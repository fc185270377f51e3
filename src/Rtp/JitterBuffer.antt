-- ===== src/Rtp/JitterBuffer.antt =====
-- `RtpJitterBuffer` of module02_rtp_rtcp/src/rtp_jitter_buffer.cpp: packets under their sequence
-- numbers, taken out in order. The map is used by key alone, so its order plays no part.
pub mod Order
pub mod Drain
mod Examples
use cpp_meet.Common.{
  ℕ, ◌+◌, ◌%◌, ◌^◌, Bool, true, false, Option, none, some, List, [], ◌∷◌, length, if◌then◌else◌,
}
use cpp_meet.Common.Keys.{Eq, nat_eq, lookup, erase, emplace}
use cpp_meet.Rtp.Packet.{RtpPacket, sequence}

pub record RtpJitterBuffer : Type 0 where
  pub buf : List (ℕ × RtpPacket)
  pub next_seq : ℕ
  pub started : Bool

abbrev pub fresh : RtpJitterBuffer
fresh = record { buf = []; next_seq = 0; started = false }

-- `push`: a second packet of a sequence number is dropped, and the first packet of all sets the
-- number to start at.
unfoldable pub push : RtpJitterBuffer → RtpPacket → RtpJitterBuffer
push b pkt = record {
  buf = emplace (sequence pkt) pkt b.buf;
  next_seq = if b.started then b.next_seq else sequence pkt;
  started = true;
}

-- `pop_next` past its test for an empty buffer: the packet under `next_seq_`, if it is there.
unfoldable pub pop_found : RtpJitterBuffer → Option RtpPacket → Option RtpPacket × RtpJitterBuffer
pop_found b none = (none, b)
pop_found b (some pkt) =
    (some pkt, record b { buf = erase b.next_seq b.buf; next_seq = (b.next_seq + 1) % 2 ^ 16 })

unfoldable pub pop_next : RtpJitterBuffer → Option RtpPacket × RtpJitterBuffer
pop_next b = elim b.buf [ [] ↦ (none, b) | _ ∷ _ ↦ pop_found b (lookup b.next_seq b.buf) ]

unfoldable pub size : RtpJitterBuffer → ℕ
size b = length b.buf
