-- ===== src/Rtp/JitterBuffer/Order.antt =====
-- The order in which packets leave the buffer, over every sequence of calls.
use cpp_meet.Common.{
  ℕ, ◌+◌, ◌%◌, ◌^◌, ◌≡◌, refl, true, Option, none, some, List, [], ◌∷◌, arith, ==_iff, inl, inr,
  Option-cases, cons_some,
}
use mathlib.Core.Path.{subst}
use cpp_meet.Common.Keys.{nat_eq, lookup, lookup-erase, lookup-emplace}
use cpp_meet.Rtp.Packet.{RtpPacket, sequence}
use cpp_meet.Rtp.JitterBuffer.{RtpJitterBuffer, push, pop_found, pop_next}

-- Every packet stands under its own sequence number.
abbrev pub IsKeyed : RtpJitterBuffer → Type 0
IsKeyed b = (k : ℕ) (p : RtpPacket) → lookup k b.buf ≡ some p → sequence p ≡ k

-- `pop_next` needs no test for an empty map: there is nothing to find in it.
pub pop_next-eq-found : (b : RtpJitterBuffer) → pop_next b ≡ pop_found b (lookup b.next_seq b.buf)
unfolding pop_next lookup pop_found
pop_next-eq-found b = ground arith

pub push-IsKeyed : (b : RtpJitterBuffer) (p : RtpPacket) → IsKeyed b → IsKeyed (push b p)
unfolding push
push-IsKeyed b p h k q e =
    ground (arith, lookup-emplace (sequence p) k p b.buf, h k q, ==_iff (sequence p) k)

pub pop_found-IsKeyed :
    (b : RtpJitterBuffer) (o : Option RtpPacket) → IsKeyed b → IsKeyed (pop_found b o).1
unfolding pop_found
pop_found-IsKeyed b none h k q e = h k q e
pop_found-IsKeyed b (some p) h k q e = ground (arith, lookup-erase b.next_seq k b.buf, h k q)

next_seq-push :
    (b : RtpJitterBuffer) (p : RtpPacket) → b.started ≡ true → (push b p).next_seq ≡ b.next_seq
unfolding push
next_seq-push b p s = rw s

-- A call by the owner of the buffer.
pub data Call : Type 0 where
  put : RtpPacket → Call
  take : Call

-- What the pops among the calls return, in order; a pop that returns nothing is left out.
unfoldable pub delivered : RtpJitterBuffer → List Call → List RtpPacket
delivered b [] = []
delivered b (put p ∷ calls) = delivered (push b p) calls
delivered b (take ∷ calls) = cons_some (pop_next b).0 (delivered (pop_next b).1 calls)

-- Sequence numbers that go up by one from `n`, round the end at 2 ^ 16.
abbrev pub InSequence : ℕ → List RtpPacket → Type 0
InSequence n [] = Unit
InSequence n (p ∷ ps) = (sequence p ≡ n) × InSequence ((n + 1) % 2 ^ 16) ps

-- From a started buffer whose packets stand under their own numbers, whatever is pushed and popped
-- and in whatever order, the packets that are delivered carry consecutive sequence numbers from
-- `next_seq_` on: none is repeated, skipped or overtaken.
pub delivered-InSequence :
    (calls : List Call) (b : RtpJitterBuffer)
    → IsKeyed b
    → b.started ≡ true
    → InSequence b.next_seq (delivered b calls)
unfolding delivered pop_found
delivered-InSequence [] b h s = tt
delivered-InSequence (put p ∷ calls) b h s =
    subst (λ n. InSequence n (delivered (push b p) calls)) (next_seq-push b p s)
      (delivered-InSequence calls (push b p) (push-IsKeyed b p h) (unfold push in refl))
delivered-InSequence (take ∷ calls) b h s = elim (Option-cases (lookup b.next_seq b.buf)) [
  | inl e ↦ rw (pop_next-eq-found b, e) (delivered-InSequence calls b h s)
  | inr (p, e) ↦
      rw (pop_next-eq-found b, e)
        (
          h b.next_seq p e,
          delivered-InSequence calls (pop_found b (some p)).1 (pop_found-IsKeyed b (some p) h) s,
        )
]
┄┄┄┄┄┄
- _PROBLEM_: Word for word, restate the lines of the data above that fall between the line holding "take : Call" and the line holding "-- From a started", inclusive, and no other lines.

- _TASK SOLUTION_:
  take : Call

-- What the pops among the calls return, in order; a pop that returns nothing is left out.
unfoldable pub delivered : RtpJitterBuffer → List Call → List RtpPacket
delivered b [] = []
delivered b (put p ∷ calls) = delivered (push b p) calls
delivered b (take ∷ calls) = cons_some (pop_next b).0 (delivered (pop_next b).1 calls)

-- Sequence numbers that go up by one from `n`, round the end at 2 ^ 16.
abbrev pub InSequence : ℕ → List RtpPacket → Type 0
InSequence n [] = Unit
InSequence n (p ∷ ps) = (sequence p ≡ n) × InSequence ((n + 1) % 2 ^ 16) ps

-- From a started buffer whose packets stand under their own numbers, whatever is pushed and popped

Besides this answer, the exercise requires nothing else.